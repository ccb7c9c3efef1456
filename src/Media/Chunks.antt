-- ===== src/Media/Chunks.antt =====
-- src/runtime-media-verification.ts: what a chunk is, and the chunks after the header.
use z_s_app.Prelude.{
  some_same, ℕ, zero, suc, ◌≡◌, refl, sym, ap, subst, ◌∙◌, true, false, not, ◌||◌, Option, none,
  some, List, [], ◌∷◌, ◌++◌, length, every, arith, Result, Yields, Yields-ok, Yields-err,
  Yields-bind, Yields-unless, Yields-if, Yields-weaken,
}
use z_s_app.Prefix.{codes_beq_iff}
use z_s_app.Media.{
  MediaVerificationErrorCode, u32, PngChunk, before_split, split_bytes, chunk_of, read_chunk,
  is_letter, has_type, header_type, end_type, is_nil, after_chunk, png_chunks,
}

-- The bytes are a chunk, with its length before and its checksum behind, and what is left.
pub record IsChunk (s : List ℕ) (c : PngChunk) (rest : List ℕ) : Type 0 where
  pub size : ℕ × ℕ × ℕ × ℕ
  pub checksum : ℕ × ℕ × ℕ × ℕ
  pub laid_out :
      s
      ≡ size.0 ∷ size.1 ∷ size.2 ∷ size.3 ∷ c.type_code
        ++ c.data_bytes
        ++ checksum.0 ∷ checksum.1 ∷ checksum.2 ∷ checksum.3 ∷ rest
  pub type_length : length c.type_code ≡ 4
  pub data_length : length c.data_bytes ≡ u32 size.0 size.1 size.2 size.3

-- Chunks that are no headers, up to an empty `IEND` chunk, which ends the bytes.
pub data AreLater : List ℕ → Type 0 where
  ended :
      {s : List ℕ} (c : PngChunk)
      → IsChunk s c []
      → c.type_code ≡ end_type
      → c.data_bytes ≡ []
      → AreLater s
  another :
      {s : List ℕ} (c : PngChunk) (rest : List ℕ)
      → IsChunk s c rest
      → has_type header_type c ≡ false
      → has_type end_type c ≡ false
      → AreLater rest
      → AreLater s

abbrev Splits : ℕ → List ℕ → Option (List ℕ × List ℕ) → Type 0
Splits n s none = Unit {0}
Splits n s (some (first, rest)) = (s ≡ first ++ rest) × (length first ≡ n)

before_split-Splits :
    (n b : ℕ) (s : List ℕ) (o : Option (List ℕ × List ℕ))
    → Splits n s o
    → Splits (suc n) (b ∷ s) (before_split b o)
before_split-Splits n b s none h = tt
before_split-Splits n b s (some (first, rest)) h = (ap (λ l. b ∷ l) h.0, ap suc h.1)

split_bytes-Splits : (n : ℕ) (s : List ℕ) → Splits n s (split_bytes n s)
unfolding split_bytes
split_bytes-Splits zero s = (refl, refl)
split_bytes-Splits (suc n) [] = tt
split_bytes-Splits (suc n) (b ∷ s) =
    before_split-Splits n b s (split_bytes n s) (split_bytes-Splits n s)

chunk_of-some :
    (a b c d t u v w : ℕ) (s : List ℕ) (o : Option (List ℕ × List ℕ)) (k : PngChunk) (rest : List ℕ)
    → split_bytes (u32 a b c d) s ≡ o
    → chunk_of (t ∷ u ∷ v ∷ w ∷ []) o ≡ some (k, rest)
    → IsChunk (a ∷ b ∷ c ∷ d ∷ t ∷ u ∷ v ∷ w ∷ s) k rest
chunk_of-some a b c d t u v w s none k rest e h = grind arith
chunk_of-some a b c d t u v w s (some (bytes, [])) k rest e h = grind arith
chunk_of-some a b c d t u v w s (some (bytes, x ∷ [])) k rest e h = grind arith
chunk_of-some a b c d t u v w s (some (bytes, x ∷ y ∷ [])) k rest e h = grind arith
chunk_of-some a b c d t u v w s (some (bytes, x ∷ y ∷ z ∷ [])) k rest e h = grind arith
chunk_of-some a b c d t u v w s (some (bytes, x ∷ y ∷ z ∷ q ∷ after)) k rest e h =
    let split = subst (Splits (u32 a b c d) s) e (split_bytes-Splits (u32 a b c d) s) in
    subst (λ p. IsChunk (a ∷ b ∷ c ∷ d ∷ t ∷ u ∷ v ∷ w ∷ s) p.0 p.1) (some_same _ _ h)
      (record {
        size = (a, b, c, d);
        checksum = (x, y, z, q);
        laid_out = ap (λ l. a ∷ b ∷ c ∷ d ∷ t ∷ u ∷ v ∷ w ∷ l) split.0;
        type_length = refl;
        data_length = split.1;
      })

pub read_chunk-IsChunk :
    (s : List ℕ) (k : PngChunk) (rest : List ℕ) → read_chunk s ≡ some (k, rest) → IsChunk s k rest
unfolding read_chunk
read_chunk-IsChunk [] k rest h = grind arith
read_chunk-IsChunk (a ∷ []) k rest h = grind arith
read_chunk-IsChunk (a ∷ b ∷ []) k rest h = grind arith
read_chunk-IsChunk (a ∷ b ∷ c ∷ []) k rest h = grind arith
read_chunk-IsChunk (a ∷ b ∷ c ∷ d ∷ []) k rest h = grind arith
read_chunk-IsChunk (a ∷ b ∷ c ∷ d ∷ t ∷ []) k rest h = grind arith
read_chunk-IsChunk (a ∷ b ∷ c ∷ d ∷ t ∷ u ∷ []) k rest h = grind arith
read_chunk-IsChunk (a ∷ b ∷ c ∷ d ∷ t ∷ u ∷ v ∷ []) k rest h = grind arith
read_chunk-IsChunk (a ∷ b ∷ c ∷ d ∷ t ∷ u ∷ v ∷ w ∷ s) k rest h =
    chunk_of-some a b c d t u v w s (split_bytes (u32 a b c d) s) k rest refl h

nil-of_test : (l : List ℕ) → is_nil l ≡ true → l ≡ []
nil-of_test [] h = refl
nil-of_test (b ∷ s) h = grind arith

module _ (max : ℕ) where
  unfoldable pub Later : (ℕ × ℕ) → List ℕ → ℕ × ℕ → Type 0
  Later size s r = (r ≡ size) × AreLater s

  -- what a chunk and the rest of the bytes give
  after_chunk-Later :
      (later : Option (ℕ × ℕ) → List ℕ → Result MediaVerificationErrorCode (ℕ × ℕ)) (size : ℕ × ℕ)
      (s : List ℕ) (o : Option (PngChunk × List ℕ))
      → read_chunk s ≡ o
      → ((size : ℕ × ℕ) (rest : List ℕ) → Yields (later (some size) rest) (Later size rest))
      → Yields (after_chunk max later (some size) o) (Later size s)
  unfolding Later
  after_chunk-Later later size s none e h = Yields-err _
  after_chunk-Later later size s (some (c, rest)) e h =
      let chunk = read_chunk-IsChunk s c rest e in
      Yields-unless (not (every is_letter c.type_code)) _ (λ letters.
        Yields-bind {P = λ r. (r ≡ size) × (has_type header_type c ≡ false)}
          (Yields-unless (has_type header_type c) _ (λ plain. Yields-ok size (refl, plain)))
          (λ size' p.
            Yields-if (has_type end_type c)
              (λ last. Yields-unless (not (is_nil c.data_bytes) || not (is_nil rest)) _ (λ empty.
                Yields-ok size' (
                  p.0,
                  ended c (subst (IsChunk s c) (nil-of_test rest (ground (arith, empty))) chunk)
                      (sym ((codes_beq_iff end_type c.type_code).0 last))
                      (nil-of_test c.data_bytes (ground (arith, empty))),
                )))
              (λ more.
                Yields-weaken (h size' rest)
                  (λ r q. (q.0 ∙ p.0, another c rest chunk p.1 more q.1)))))

  pub png_chunks-Later :
      (left : ℕ) (size : ℕ × ℕ) (s : List ℕ)
      → Yields (png_chunks max left (some size) s) (Later size s)
  unfolding png_chunks
  png_chunks-Later left size [] = Yields-err _
  png_chunks-Later zero size (b ∷ s) = Yields-err _
  png_chunks-Later (suc left) size (b ∷ s) =
      after_chunk-Later (png_chunks max left) size (b ∷ s) (read_chunk (b ∷ s)) refl
        (png_chunks-Later left)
================
From the listing above, copy every line where the string "empty" is found.

# WRITTEN SOLUTION
-- Chunks that are no headers, up to an empty `IEND` chunk, which ends the bytes.
              (λ last. Yields-unless (not (is_nil c.data_bytes) || not (is_nil rest)) _ (λ empty.
                  ended c (subst (IsChunk s c) (nil-of_test rest (ground (arith, empty))) chunk)
                      (nil-of_test c.data_bytes (ground (arith, empty))),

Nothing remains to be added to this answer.